Work item: Looking through the entries, count each line where the string "Perm" occurs, and write only the total.

==== Dataset excerpts ====

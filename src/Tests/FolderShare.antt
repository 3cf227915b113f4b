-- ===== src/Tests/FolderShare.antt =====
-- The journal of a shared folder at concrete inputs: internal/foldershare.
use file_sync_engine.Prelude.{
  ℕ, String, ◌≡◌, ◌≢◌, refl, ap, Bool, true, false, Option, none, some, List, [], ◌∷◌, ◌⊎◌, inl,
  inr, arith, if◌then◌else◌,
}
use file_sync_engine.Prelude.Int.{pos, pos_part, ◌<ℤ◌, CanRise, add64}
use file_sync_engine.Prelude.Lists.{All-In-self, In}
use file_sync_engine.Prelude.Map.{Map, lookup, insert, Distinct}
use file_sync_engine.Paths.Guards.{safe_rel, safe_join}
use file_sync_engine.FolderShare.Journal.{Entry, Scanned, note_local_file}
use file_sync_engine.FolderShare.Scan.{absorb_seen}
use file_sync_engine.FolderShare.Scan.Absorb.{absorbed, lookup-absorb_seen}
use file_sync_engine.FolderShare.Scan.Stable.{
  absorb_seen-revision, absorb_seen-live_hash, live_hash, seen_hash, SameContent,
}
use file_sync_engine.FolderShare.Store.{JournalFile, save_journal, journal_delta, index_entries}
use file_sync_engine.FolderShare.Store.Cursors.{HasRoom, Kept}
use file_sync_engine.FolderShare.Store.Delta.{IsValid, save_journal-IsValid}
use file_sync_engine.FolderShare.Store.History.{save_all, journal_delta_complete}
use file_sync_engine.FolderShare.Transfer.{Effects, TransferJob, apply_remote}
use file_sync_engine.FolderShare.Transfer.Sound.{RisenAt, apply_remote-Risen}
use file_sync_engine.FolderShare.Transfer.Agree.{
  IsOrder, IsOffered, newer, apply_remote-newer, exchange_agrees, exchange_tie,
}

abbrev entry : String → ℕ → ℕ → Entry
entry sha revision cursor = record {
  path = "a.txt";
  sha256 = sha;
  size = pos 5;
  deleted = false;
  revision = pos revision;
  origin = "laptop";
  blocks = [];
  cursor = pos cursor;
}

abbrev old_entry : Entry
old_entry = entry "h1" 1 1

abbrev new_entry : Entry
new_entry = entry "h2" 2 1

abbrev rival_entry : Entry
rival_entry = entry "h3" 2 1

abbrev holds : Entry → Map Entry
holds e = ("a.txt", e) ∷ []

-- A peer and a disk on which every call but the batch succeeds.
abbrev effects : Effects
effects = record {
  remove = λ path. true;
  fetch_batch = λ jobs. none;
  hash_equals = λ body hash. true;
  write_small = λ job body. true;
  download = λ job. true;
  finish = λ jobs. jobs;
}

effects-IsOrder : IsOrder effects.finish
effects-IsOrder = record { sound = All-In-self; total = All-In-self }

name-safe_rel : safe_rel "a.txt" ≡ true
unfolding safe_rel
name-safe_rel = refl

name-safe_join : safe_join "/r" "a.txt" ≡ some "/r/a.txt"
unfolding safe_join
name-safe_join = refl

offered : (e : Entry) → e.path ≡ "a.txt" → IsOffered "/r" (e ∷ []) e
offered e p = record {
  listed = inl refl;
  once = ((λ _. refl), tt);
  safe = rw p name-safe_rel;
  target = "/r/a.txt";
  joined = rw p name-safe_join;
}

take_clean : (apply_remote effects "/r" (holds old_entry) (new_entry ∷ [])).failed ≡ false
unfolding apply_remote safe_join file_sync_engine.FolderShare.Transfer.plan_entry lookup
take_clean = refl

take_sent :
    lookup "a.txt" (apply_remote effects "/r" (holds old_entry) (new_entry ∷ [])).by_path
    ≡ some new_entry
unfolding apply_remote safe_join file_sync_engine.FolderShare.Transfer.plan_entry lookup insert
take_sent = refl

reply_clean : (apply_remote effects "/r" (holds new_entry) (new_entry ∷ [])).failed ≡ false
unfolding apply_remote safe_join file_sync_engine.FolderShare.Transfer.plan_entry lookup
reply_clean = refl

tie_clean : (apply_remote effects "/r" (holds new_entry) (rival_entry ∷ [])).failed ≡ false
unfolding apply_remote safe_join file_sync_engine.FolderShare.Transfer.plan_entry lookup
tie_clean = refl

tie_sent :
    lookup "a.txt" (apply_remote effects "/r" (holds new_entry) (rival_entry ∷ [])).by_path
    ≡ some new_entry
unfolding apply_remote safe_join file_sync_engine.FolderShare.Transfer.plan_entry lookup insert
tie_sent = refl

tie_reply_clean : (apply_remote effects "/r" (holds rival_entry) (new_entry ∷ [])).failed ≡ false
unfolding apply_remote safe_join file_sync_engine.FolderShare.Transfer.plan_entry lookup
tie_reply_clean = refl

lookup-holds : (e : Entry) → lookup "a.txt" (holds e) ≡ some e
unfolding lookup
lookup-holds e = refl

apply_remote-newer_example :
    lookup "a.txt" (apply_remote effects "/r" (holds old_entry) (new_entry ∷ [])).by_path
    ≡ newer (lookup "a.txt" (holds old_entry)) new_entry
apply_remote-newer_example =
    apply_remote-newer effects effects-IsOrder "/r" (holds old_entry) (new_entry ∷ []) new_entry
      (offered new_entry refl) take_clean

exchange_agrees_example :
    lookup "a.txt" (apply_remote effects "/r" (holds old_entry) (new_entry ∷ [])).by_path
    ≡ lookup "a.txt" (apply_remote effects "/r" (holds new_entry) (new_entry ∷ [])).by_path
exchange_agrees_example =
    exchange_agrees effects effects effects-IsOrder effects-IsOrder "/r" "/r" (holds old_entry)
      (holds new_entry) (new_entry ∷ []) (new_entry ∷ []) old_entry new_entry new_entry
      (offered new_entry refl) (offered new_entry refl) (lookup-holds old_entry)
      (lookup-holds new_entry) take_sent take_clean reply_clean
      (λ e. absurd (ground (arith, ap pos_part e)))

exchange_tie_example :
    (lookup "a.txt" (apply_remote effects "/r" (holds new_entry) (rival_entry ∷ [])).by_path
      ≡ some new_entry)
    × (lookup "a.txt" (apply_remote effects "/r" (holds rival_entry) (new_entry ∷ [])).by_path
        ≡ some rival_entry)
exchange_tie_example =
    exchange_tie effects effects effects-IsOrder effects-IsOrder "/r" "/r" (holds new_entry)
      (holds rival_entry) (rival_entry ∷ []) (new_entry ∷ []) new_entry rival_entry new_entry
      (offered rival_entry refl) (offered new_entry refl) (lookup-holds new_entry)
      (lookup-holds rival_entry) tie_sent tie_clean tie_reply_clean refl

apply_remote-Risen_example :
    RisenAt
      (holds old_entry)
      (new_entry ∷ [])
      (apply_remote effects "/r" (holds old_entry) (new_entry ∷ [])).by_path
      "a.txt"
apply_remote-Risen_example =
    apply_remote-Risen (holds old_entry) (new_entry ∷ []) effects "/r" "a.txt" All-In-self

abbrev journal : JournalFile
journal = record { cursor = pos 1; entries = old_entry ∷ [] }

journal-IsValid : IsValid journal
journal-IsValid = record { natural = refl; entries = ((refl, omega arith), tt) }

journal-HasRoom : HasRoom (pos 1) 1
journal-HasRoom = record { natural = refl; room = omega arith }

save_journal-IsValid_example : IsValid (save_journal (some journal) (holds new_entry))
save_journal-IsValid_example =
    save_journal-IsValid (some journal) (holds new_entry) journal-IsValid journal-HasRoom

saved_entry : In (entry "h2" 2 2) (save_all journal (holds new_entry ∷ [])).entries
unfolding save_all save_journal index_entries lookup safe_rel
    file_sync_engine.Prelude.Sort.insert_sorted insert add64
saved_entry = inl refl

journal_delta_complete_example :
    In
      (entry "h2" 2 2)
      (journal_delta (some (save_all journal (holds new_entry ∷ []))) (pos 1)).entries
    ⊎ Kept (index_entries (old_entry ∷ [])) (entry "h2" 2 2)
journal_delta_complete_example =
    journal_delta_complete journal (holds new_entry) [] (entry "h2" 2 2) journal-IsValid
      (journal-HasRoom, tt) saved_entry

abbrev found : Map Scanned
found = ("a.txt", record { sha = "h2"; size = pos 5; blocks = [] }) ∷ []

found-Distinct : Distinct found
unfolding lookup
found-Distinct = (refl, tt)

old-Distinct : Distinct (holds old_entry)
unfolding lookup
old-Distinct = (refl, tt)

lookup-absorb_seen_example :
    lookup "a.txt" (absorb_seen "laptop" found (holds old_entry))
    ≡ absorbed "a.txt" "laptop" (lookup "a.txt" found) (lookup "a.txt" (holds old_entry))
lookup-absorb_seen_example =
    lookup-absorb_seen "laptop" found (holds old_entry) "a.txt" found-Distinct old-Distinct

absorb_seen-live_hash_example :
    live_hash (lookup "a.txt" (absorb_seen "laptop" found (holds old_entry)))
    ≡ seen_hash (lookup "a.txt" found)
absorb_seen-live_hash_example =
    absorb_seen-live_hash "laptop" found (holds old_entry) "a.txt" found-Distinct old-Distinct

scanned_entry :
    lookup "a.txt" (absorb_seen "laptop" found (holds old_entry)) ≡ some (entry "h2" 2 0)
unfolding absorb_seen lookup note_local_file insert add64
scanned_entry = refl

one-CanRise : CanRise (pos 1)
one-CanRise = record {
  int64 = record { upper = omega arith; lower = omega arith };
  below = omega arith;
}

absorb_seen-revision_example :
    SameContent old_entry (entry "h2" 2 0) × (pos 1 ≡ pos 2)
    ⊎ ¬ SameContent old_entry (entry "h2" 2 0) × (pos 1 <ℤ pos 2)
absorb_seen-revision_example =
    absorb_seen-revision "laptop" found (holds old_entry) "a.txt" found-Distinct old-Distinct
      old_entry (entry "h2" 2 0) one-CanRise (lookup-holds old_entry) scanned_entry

====
==== Dataset excerpts ====

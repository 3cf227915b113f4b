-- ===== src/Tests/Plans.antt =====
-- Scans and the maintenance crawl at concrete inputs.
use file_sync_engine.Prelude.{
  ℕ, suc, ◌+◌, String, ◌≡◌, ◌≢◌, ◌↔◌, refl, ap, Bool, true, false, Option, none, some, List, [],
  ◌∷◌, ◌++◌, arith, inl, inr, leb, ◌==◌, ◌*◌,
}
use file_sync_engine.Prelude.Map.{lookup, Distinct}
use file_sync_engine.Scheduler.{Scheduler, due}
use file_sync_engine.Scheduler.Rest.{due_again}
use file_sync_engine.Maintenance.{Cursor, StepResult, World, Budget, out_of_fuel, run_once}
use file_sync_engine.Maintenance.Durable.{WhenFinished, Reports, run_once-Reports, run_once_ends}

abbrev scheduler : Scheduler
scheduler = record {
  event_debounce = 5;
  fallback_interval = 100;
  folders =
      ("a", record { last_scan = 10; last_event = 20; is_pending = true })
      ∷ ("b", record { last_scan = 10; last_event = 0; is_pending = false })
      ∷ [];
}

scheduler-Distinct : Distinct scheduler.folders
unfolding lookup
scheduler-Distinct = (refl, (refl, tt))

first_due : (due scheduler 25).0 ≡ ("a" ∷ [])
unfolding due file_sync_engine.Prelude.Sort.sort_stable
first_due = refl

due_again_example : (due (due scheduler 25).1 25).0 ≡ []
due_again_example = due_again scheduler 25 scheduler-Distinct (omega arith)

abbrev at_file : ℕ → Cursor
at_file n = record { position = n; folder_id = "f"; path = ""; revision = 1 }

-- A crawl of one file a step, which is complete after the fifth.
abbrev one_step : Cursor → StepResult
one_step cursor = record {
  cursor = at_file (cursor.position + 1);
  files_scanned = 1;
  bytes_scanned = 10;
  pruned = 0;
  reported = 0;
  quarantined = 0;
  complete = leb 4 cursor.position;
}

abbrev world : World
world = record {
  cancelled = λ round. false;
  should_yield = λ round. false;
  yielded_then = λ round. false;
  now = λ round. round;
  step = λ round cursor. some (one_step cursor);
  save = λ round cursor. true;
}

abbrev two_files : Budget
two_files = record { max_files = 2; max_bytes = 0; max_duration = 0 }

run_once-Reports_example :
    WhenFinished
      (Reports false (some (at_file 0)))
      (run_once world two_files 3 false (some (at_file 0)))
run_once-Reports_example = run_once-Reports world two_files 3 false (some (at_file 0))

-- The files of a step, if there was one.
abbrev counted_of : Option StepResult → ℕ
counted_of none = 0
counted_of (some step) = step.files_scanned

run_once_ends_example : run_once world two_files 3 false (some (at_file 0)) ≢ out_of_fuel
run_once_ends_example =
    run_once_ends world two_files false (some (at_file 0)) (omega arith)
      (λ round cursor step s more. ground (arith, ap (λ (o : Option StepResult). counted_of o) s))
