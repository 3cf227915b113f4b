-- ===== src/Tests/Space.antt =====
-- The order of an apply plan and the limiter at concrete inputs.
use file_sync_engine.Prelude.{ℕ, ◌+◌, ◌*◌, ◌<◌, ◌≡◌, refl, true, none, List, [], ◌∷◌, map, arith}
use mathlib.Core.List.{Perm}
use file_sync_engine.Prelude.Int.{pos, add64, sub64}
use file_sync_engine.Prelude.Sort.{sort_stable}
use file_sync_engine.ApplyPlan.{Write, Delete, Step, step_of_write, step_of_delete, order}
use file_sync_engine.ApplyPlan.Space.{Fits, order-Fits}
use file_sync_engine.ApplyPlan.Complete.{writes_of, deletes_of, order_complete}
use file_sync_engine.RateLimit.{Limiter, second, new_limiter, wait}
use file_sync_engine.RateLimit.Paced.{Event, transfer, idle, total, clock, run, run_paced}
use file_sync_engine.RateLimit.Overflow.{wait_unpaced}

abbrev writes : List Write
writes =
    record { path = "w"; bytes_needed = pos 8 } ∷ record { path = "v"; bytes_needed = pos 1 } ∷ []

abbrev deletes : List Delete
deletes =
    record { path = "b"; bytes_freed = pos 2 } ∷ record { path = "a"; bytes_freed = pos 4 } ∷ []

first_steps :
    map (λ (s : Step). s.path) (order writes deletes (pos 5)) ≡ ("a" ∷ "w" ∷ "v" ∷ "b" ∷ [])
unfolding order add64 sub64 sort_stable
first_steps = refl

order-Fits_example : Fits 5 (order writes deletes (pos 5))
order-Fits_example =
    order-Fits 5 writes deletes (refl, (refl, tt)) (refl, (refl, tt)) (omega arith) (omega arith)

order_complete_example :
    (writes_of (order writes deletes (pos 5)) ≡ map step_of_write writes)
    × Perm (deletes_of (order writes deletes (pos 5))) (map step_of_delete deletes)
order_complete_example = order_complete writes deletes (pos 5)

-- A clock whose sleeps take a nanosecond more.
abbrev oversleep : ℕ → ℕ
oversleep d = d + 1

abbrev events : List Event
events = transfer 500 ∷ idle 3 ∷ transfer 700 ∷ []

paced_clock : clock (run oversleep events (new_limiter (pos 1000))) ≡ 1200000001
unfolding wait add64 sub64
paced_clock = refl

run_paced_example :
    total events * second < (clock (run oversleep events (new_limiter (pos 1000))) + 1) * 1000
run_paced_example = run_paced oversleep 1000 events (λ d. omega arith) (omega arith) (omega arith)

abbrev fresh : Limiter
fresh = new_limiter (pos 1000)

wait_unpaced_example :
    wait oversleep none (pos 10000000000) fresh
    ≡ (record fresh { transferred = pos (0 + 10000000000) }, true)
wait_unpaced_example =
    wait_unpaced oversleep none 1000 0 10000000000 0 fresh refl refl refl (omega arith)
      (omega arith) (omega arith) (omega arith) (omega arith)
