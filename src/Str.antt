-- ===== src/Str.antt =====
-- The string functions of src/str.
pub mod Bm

====

Task result: 2